MORE than 35 years after its debut, the slogan for the United Negro College Fund, “A Mind Is a Terrible Thing to Waste,” remains one of the most recognized in American advertising history.

The years, however, have not been as kind to the organization’s name, which has gradually become a source of alienation to the very people the group aims to serve. And while the fund is not prepared to drop the word “Negro” from its name, it plans to try to shift attention away from it.

A branding effort being introduced Thursday will seek to play down the full name and instead highlight the nonprofit’s initials, U.N.C.F. An updated logo will seek to communicate the changing direction of the group while putting renewed emphasis on the well-known slogan.

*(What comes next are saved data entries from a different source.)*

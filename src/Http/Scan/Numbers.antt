-- ===== src/Http/Scan/Numbers.antt =====
-- The integers that the parser reads: Content-Length by `parse_dec`, chunk sizes by `parse_hex`.
use remotedev.Base.{
  ℕ, suc, ◌+◌, ◌-◌, ◌*◌, ◌/◌, ◌^◌, ◌≤◌, ◌<◌, ◌≡◌, ◌≢◌, sym, ap, subst, inl, inr, true, false, [],
  ◌∷◌, ◌++◌, Bytes, length, length-append, All, ◌==◌, ltb, if◌then◌else◌, arith, Bool-cases,
  append_cut,
}
use remotedev.Http.Chars.{is_digit}
use remotedev.Http.Scan.{ok, no, dec_loop, parse_dec}

-- RFC 7230: DIGIT.
abbrev IsDigit : ℕ → Type 0
IsDigit c = (b'0' ≤ c) × (c ≤ b'9')

is_digit-IsDigit : (c : ℕ) → c < 256 → is_digit c ≡ true → IsDigit c
unfolding is_digit
is_digit-IsDigit c o h = ground arith

IsDigit-is_digit : (c : ℕ) → IsDigit c → is_digit c ≡ true
unfolding is_digit
IsDigit-is_digit c h = ground arith

-- The number that decimal digits stand for, behind others of value `v`.
abbrev pub dec_value : ℕ → Bytes → ℕ
dec_value v [] = v
dec_value v (c ∷ ds) = dec_value (10 * v + (c - b'0')) ds

dec_value-le : (ds : Bytes) (v : ℕ) → v ≤ dec_value v ds
dec_value-le [] v = omega arith
dec_value-le (c ∷ ds) v = omega (arith, dec_value-le ds (10 * v + (c - b'0')))

-- The largest value that is not taken for an overflow.
abbrev dec_max : ℕ
dec_max = 2 ^ 64 - 7

-- The first octet behind a number, which is no digit.
pub record Stops (rest : Bytes) : Type 0 where
  pub head : ℕ
  pub tail : Bytes
  pub begins : rest ≡ head ∷ tail
  pub no_digit : is_digit head ≡ false

dec_stop :
    (c : ℕ) (r : Bytes) (v : ℕ)
    → is_digit c ≡ false
    → dec_loop (length (c ∷ r)) v (c ∷ r) ≡ ok v (c ∷ r)
unfolding dec_loop
dec_stop c r v n = ground arith

dec_loop_ok :
    (ds rest : Bytes) (v : ℕ)
    → All IsDigit ds
    → Stops rest
    → dec_value v ds ≤ dec_max
    → dec_loop (length rest) v (ds ++ rest) ≡ ok (dec_value v ds) rest
unfolding dec_loop
dec_loop_ok [] rest v d s h =
    subst (λ l. dec_loop (length l) v l ≡ ok v l) (sym s.begins)
      (dec_stop s.head s.tail v s.no_digit)
dec_loop_ok (x ∷ ds) rest v d s h =
    let small = dec_value-le ds (10 * v + (x - b'0')) in
    rw (IsDigit-is_digit x d.0) (ground (arith, dec_loop_ok ds rest (10 * v + (x - b'0')) d.1 s h))

-- What the loop returns, from the digits already read.
record DecRead (v : ℕ) (mem : Bytes) (last u : ℕ) (rest : Bytes) : Type 0 where
  digits : Bytes
  splits : mem ≡ digits ++ rest
  reaches : length rest ≡ last
  are_digits : All IsDigit digits
  value_is : u ≡ dec_value v digits
  fits : u ≤ dec_max

dec_loop_sound :
    (mem : Bytes) (last v : ℕ) {u : ℕ} {rest : Bytes}
    → All (λ b. b < 256) mem
    → v ≤ dec_max
    → dec_loop last v mem ≡ ok u rest
    → DecRead v mem last u rest
unfolding dec_loop
dec_loop_sound [] last v o h e = cc
dec_loop_sound (c ∷ r) last v {u} {rest} o h e = elim (Bool-cases (is_digit c)) [
  | inr n ↦
      let e' : (if suc (length r) == last then ok v (c ∷ r) else no) ≡ ok u rest = rw n at e in
      record {
        digits = [];
        splits = ground arith;
        reaches = ground arith;
        are_digits = tt;
        value_is = ground arith;
        fits = ground arith;
      }
  | inl d ↦
      let small : ltb ((2 ^ 64 - 1 - 10) / 10) v ≡ false = ground arith in
      let e' = rw small at (rw d at e) in
      let k = is_digit-IsDigit c o.0 d in
      let q =
        dec_loop_sound r last (10 * v + (c - 48)) {u = u} {rest = rest} o.1 (ground arith) e' in
      record {
        digits = c ∷ q.digits;
        splits = ap (◌∷◌ c) q.splits;
        reaches = q.reaches;
        are_digits = (k, q.are_digits);
        value_is = q.value_is;
        fits = q.fits;
      }
]

-- One decimal digit or more that stand for a number up to 2 ^ 64 - 7, with memory behind them that
-- does not begin with a digit, are read as that number.
pub parse_dec-dec_value :
    (c : ℕ) (ds rest : Bytes)
    → All IsDigit (c ∷ ds)
    → Stops rest
    → dec_value 0 (c ∷ ds) ≤ dec_max
    → parse_dec (length rest) (c ∷ (ds ++ rest)) ≡ ok (dec_value 0 (c ∷ ds)) rest
unfolding parse_dec
parse_dec-dec_value c ds rest d s h =
    let e : 10 * 0 + (c - b'0') ≡ c - b'0' = omega arith in
    rw (IsDigit-is_digit c d.0) (rw e (dec_loop_ok ds rest (c - b'0') d.1 s (rw e at h)))

-- The octets `value` in front of `rest` are the number `u` in decimal.
pub record IsDecimal (value : Bytes) (u : ℕ) : Type 0 where
  pub nonempty : value ≢ []
  pub are_digits : All IsDigit value
  pub value_is : u ≡ dec_value 0 value
  pub fits : u ≤ dec_max

-- Octets that are read as a number are one decimal digit or more, all of the value and nothing
-- behind it, and the number is theirs and at most 2 ^ 64 - 7, so it has not wrapped around.
parse_dec-IsDecimal :
    (value behind : Bytes) {u : ℕ} {rest : Bytes}
    → All (λ b. b < 256) (value ++ behind)
    → parse_dec (length behind) (value ++ behind) ≡ ok u rest
    → IsDecimal value u × (rest ≡ behind)
unfolding parse_dec
parse_dec-IsDecimal [] [] o h = cc
parse_dec-IsDecimal [] (c ∷ r) {u} {rest} o h = elim (Bool-cases (is_digit c)) [
  | inr n ↦ absurd (ground arith)
  | inl d ↦
      let k = is_digit-IsDigit c o.0 d in
      let q =
        dec_loop_sound r (length (c ∷ r)) (c - 48) {u = u} {rest = rest} o.1 (omega arith)
          (rw d at h) in
      absurd (omega (arith, ap length q.splits, length-append q.digits rest, q.reaches))
]
parse_dec-IsDecimal (c ∷ ds) behind {u} {rest} o h = elim (Bool-cases (is_digit c)) [
  | inr n ↦ absurd (ground arith)
  | inl d ↦
      let k = is_digit-IsDigit c o.0 d in
      let q =
        dec_loop_sound (ds ++ behind) (length behind) (c - 48) {u = u} {rest = rest} o.1
          (omega arith) (rw d at h) in
      let (same, end) = append_cut ds q.digits behind rest q.splits (sym q.reaches) in
      let e : 10 * 0 + (c - b'0') ≡ c - 48 = omega arith in
      (
        record {
          nonempty = λ p. cc;
          are_digits = (k, subst (All IsDigit) (sym same) q.are_digits);
          value_is = rw e (rw same q.value_is);
          fits = q.fits;
        },
        sym end,
      )
]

“Forty-plus years ago, when I started at Morehouse, I thought of myself as a Negro,” said Michael L. Lomax, U.N.C.F.’s president and chief executive, referring to the historically black college. “By the time I graduated in 1968, I was black. And then in the last 15 to 20 years I’ve become an African-American.”

The nomenclature issue is a decades-old predicament for U.N.C.F., which has long struggled to keep up with younger generations of African-Americans without abandoning nearly 70 years of hard-won brand equity.

“We want to hold on to our heritage, but we also want to find a way to say who we are that speaks directly and positively to a younger generation,” Mr. Lomax said. “I think we’ve found a happy medium.”